ANSWERING CAPITALISM’S CRITICS
Despite the positive economic impacts of capitalism, there are critics. Most of the criticism of capitalism comes from individuals who base their opposition solely on the greed of individuals who manipulate the capitalistic process to increase their personal wealth and stature at the expense of others. This is immoral and has led some to consider alternative economic systems such as socialism.
The critiques of capitalism are also addressed in the Moral Capitalism course. Because of his influence to end communism in Poland, St. John Paul II viewed socialism as a dehumanizing construct that stripped men and women of their free will. “Socialism considers the individual person simply as an element, a molecule within the social organism, so that the good of the individual is completely subordinated to the functioning of the socio-economic mechanism,” he explains.
Further in Centesimus Annus (1991), St. John Paul II writes, “A person who is deprived of something he can call “his own”, and of the possibility of earning a living through his own initiative, comes to depend on the social machine and on those who control it. This makes it much more difficult for him to recognize his dignity as a person and hinders progress towards the building up of an authentic human community.”
Milton Friedman, a leading economist and champion of the free markets, echoes Pope John Paul II’s optimism.

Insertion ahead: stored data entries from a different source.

-- ===== src/Graph/Args.antt =====
-- ayatori/src/graph_representation/args.rs: the arguments of a protocol, those that it declares and those
-- that it is called with.
use ayatori.Prelude.{suc, String, [], ◌∷◌, none, some, ite}
use ayatori.Collections.Order.{string_ord}
use ayatori.Collections.BTreeSet.{BTreeSet, insert}
use ayatori.Collections.BTreeMap.{BTreeMap, keys, get}
use ayatori.Collections.BTreeMap
use ayatori.Entities.Tags.{new_name, prefixes_discrete}
use ayatori.Entities.Errors.{Result, ok, err, RuntimeError, failed}
use ayatori.Entities.Params.{SessionParameters}
use ayatori.Entities.Value.{Value}
use ayatori.Graph.AnyNode.{NodeId, AnyNode, scalar_argument}

-- `PrivateInputs` and `PublicInputs`.
abbrev pub Inputs : SessionParameters → Type 0
Inputs P = BTreeMap String (Value P)

abbrev pub ProtocolSignature : Type 0
ProtocolSignature = BTreeSet String

unfoldable pub declare_input : ProtocolSignature → String → ProtocolSignature
declare_input signature name = insert signature name

-- The nodes by the names of the arguments: `ArgNodes`, `ProtocolArgs` and `BoundProtocolArgs`.
abbrev pub NodesByName : SessionParameters → Type 0
NodesByName P = BTreeMap String (AnyNode P)

module _ {P : SessionParameters} where
  unfoldable pub add_input : Inputs P → String → Value P → Inputs P
  add_input inputs name value = BTreeMap.insert inputs name value

  -- `names()` of the private inputs.
  unfoldable pub input_names : Inputs P → BTreeSet String
  input_names inputs = keys inputs

  -- The constructor `scalar_argument`, behind the new pointer `i`.
  unfoldable pub new_argument : NodeId → String → AnyNode P
  new_argument i name = scalar_argument i (new_name name) name

  unfoldable pub arg_nodes : NodeId → ProtocolSignature → NodesByName P × NodeId
  arg_nodes i [] = ([], i)
  arg_nodes i (name ∷ names) =
      let (nodes, next) = arg_nodes (suc i) names in
      (BTreeMap.insert nodes name (new_argument i name), next)

  unfoldable pub get_arg_node : NodesByName P → String → Result RuntimeError (AnyNode P)
  get_arg_node nodes name = elim (get nodes name) [
    | none ↦ err (RuntimeError.argument_not_found name)
    | some node ↦ ok node
  ]

  unfoldable pub add_argument : NodesByName P → String → AnyNode P → NodesByName P
  add_argument args name node = BTreeMap.insert args name node

  unfoldable pub bind : ProtocolSignature → NodesByName P → Result RuntimeError (NodesByName P)
  bind signature args =
      ite (prefixes_discrete signature (keys args)) (ok args)
        (err (failed "Argument mismatch when binding"))

  unfoldable pub get_bound : NodesByName P → String → Result RuntimeError (AnyNode P)
  get_bound args name = elim (get args name) [
    | none ↦ err (failed "Bound argument was not found")
    | some node ↦ ok node
  ]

In Capitalism and Freedom – another text studied in Moral Capitalism. Friedman states: “Fundamentally, there are only two ways of coordinating the economic activities of millions. One is central direction involving the use of coercion – the technique of the army and of the modern totalitarian state. The other is voluntary co-operation of individuals – the technique of the marketplace.”
IT’S NOT ENOUGH TO BE GOOD
Overall, the course examines how morality applies to the corporate world. To do that, students learn how capitalism has contributed to human empowerment and prosperity, including a look at capitalism’s societal advantages and disadvantages. At the same time, students are introduced to the facets of moral capitalism that balance Christian principles with commercial necessities.
Notably, the course covers Adam Smith’s Theory of Moral Sentiments and The Wealth of Nations, excerpts from Milton Friedman’s Capitalism and Freedom, Great Britain’s influence on the Rule of Law, Papal Encyclicals Rerum Novarum and Centesimus Annus, and case studies on both moral and immoral capitalism. Along with making connections with leaders through the Moral Leadership Lab, students attend one meeting at the Catholic Business Exchange of Indianapolis, which is a group of 150 business leaders who celebrate business and faith.
What is the big takeaway from the course? Liam Begley (’26), a Finance major, learned a simple rule to weigh actions in a moral context. “I gained a greater understanding of the importance of ethics and morality in my future career. I learned that doing good things is not the same as doing the right things.”
For Carolyn Woo, the former dean of Notre Dame’s Mendoza College, the course provides an essential link between practicing faith and pursuing business.
“The course on Moral Capitalism challenges a pernicious casual characterization of business as a “necessary evil”.” Business is a “necessary good” if conducted with the right ethical energies for the right ends. This course unpacks Catholic Church teachings on the potential of business to foster human dignity, enable the expression of human creativity, and create products and services that serve people and communities.”